Exercise aim: Output the opening lines of the records exactly. End with the line that contains "rw step (omega".

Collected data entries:
===
-- ===== src/Net/Checksum.antt =====
-- The checksum of src/network/net.c in plain arithmetic.
use Prim.Native.Nat.{bit_or}
use wnu.Prelude.{
  ℕ, ◌+◌, ◌-◌, ◌*◌, ◌/◌, ◌%◌, ◌^◌, ◌<◌, ◌≤◌, ◌≡◌, ◌∙◌, ap, some, List, [], ◌∷◌, ◌++◌, ◌==◌,
  if◌then◌else◌, length, length-append, arith,
}
use wnu.Bits.{bit_or-shifted}
use wnu.Net.{sum_words, fold_carries, checksum}

abbrev pub AreBytes : List ℕ → Type 0
AreBytes [] = Unit
AreBytes (a ∷ s) = (a < 256) × AreBytes s

-- The sum of the 16-bit words, the last byte of an odd number as an upper half.
abbrev pub total : List ℕ → ℕ
total [] = 0
total (a ∷ []) = a * 256
total (a ∷ b ∷ s) = a * 256 + b + total s

total_le : (s : List ℕ) → AreBytes s → total s ≤ 65535 * length s
total_le [] h = omega arith
total_le (a ∷ []) h = omega arith
total_le (a ∷ b ∷ s) h = omega (arith, total_le s h.1.1)

sum_words_lem :
    (s : List ℕ) (sum : ℕ) → AreBytes s → sum + total s < 2 ^ 32 → sum_words sum s ≡ sum + total s
unfolding sum_words
sum_words_lem [] sum h lt = omega arith
sum_words_lem (a ∷ []) sum h lt = omega arith
sum_words_lem (a ∷ b ∷ s) sum h lt =
    let word : bit_or (a * 2 ^ 8) b ≡ a * 256 + b = bit_or-shifted 8 a b h.1.0 in
    let step : (sum + bit_or (a * 2 ^ 8) b) % 2 ^ 32 ≡ sum + (a * 256 + b) = omega arith in
    rw step (omega (arith, sum_words_lem s (sum + (a * 256 + b)) h.1.1 (omega arith)))

-- The residue of a sum modulo 65535, with 65535 for the multiples other than 0.
abbrev pub residue : ℕ → ℕ
residue n = if n == 0 then 0 else (n - 1) % 65535 + 1

fold_carries_lem : (n : ℕ) → n < 2 ^ 32 → fold_carries 3 n ≡ some (residue n)
unfolding fold_carries
fold_carries_lem n h = ground arith

checksum_lem :
    (s : List ℕ) → AreBytes s → length s < 2 ^ 16 → checksum s ≡ some (65535 - residue (total s))
unfolding checksum
checksum_lem s h lt =
    rw
      (
        sum_words_lem s 0 h (omega (arith, total_le s h)),
        fold_carries_lem (0 + total s) (omega (arith, total_le s h)),
      )
      (ground arith)

-- Bytes in pairs.
abbrev pub flat : List (ℕ × ℕ) → List ℕ
flat [] = []
flat ((a, b) ∷ w) = a ∷ b ∷ flat w

total-flat : (w : List (ℕ × ℕ)) (s : List ℕ) → total (flat w ++ s) ≡ total (flat w) + total s
total-flat [] s = omega arith
total-flat ((a, b) ∷ w) s = omega (arith, total-flat w s)

AreBytes-flat :
    (w : List (ℕ × ℕ)) (s t : List ℕ)
    → AreBytes (flat w ++ s)
    → (AreBytes s → AreBytes t)
    → AreBytes (flat w ++ t)
AreBytes-flat [] s t h f = f h
AreBytes-flat ((a, b) ∷ w) s t h f = (h.0, (h.1.0, AreBytes-flat w s t h.1.1 f))

-- Adding what is left to 65535 makes the residue 65535.
residue_filled : (n : ℕ) → residue (n + (65535 - residue n)) ≡ 65535
residue_filled n = ground arith

-- If the checksum of a packet of fewer than 65536 bytes, whose field at an even place is 0, is put
-- into that field, the checksum of the packet is 0.
pub checksum_verifies :
    (before : List (ℕ × ℕ)) (after : List ℕ) (c : ℕ)
    → AreBytes (flat before ++ 0 ∷ 0 ∷ after)
    → length (flat before ++ 0 ∷ 0 ∷ after) < 2 ^ 16
    → checksum (flat before ++ 0 ∷ 0 ∷ after) ≡ some c
    → checksum (flat before ++ c / 2 ^ 8 ∷ c % 2 ^ 8 ∷ after) ≡ some 0
checksum_verifies before after c bytes short h =
    let empty = flat before ++ 0 ∷ 0 ∷ after in
    let full = flat before ++ c / 2 ^ 8 ∷ c % 2 ^ 8 ∷ after in
    let is_c : c ≡ 65535 - residue (total empty) = ground (arith, checksum_lem empty bytes short) in
    let bytes' : AreBytes full =
      AreBytes-flat before (0 ∷ 0 ∷ after) (c / 2 ^ 8 ∷ c % 2 ^ 8 ∷ after) bytes
        λ t. (omega arith, (omega arith, t.1.1)) in
    let short' : length full < 2 ^ 16 = omega (
      arith,
      length-append (flat before) (0 ∷ 0 ∷ after),
      length-append (flat before) (c / 2 ^ 8 ∷ c % 2 ^ 8 ∷ after),
    ) in
    let sum : total full ≡ total empty + c = omega (
      arith,
      total-flat before (0 ∷ 0 ∷ after),
      total-flat before (c / 2 ^ 8 ∷ c % 2 ^ 8 ∷ after),
    ) in
    checksum_lem full bytes' short'
    ∙ ap (λ n. some (65535 - residue n)) (sum ∙ ap (λ k. total empty + k) is_c)
    ∙ ap (λ n. some (65535 - n)) (residue_filled (total empty))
===
Solved exercise:
-- ===== src/Net/Checksum.antt =====
-- The checksum of src/network/net.c in plain arithmetic.
use Prim.Native.Nat.{bit_or}
use wnu.Prelude.{
  ℕ, ◌+◌, ◌-◌, ◌*◌, ◌/◌, ◌%◌, ◌^◌, ◌<◌, ◌≤◌, ◌≡◌, ◌∙◌, ap, some, List, [], ◌∷◌, ◌++◌, ◌==◌,
  if◌then◌else◌, length, length-append, arith,
}
use wnu.Bits.{bit_or-shifted}
use wnu.Net.{sum_words, fold_carries, checksum}

abbrev pub AreBytes : List ℕ → Type 0
AreBytes [] = Unit
AreBytes (a ∷ s) = (a < 256) × AreBytes s

-- The sum of the 16-bit words, the last byte of an odd number as an upper half.
abbrev pub total : List ℕ → ℕ
total [] = 0
total (a ∷ []) = a * 256
total (a ∷ b ∷ s) = a * 256 + b + total s

total_le : (s : List ℕ) → AreBytes s → total s ≤ 65535 * length s
total_le [] h = omega arith
total_le (a ∷ []) h = omega arith
total_le (a ∷ b ∷ s) h = omega (arith, total_le s h.1.1)

sum_words_lem :
    (s : List ℕ) (sum : ℕ) → AreBytes s → sum + total s < 2 ^ 32 → sum_words sum s ≡ sum + total s
unfolding sum_words
sum_words_lem [] sum h lt = omega arith
sum_words_lem (a ∷ []) sum h lt = omega arith
sum_words_lem (a ∷ b ∷ s) sum h lt =
    let word : bit_or (a * 2 ^ 8) b ≡ a * 256 + b = bit_or-shifted 8 a b h.1.0 in
    let step : (sum + bit_or (a * 2 ^ 8) b) % 2 ^ 32 ≡ sum + (a * 256 + b) = omega arith in
    rw step (omega (arith, sum_words_lem s (sum + (a * 256 + b)) h.1.1 (omega arith)))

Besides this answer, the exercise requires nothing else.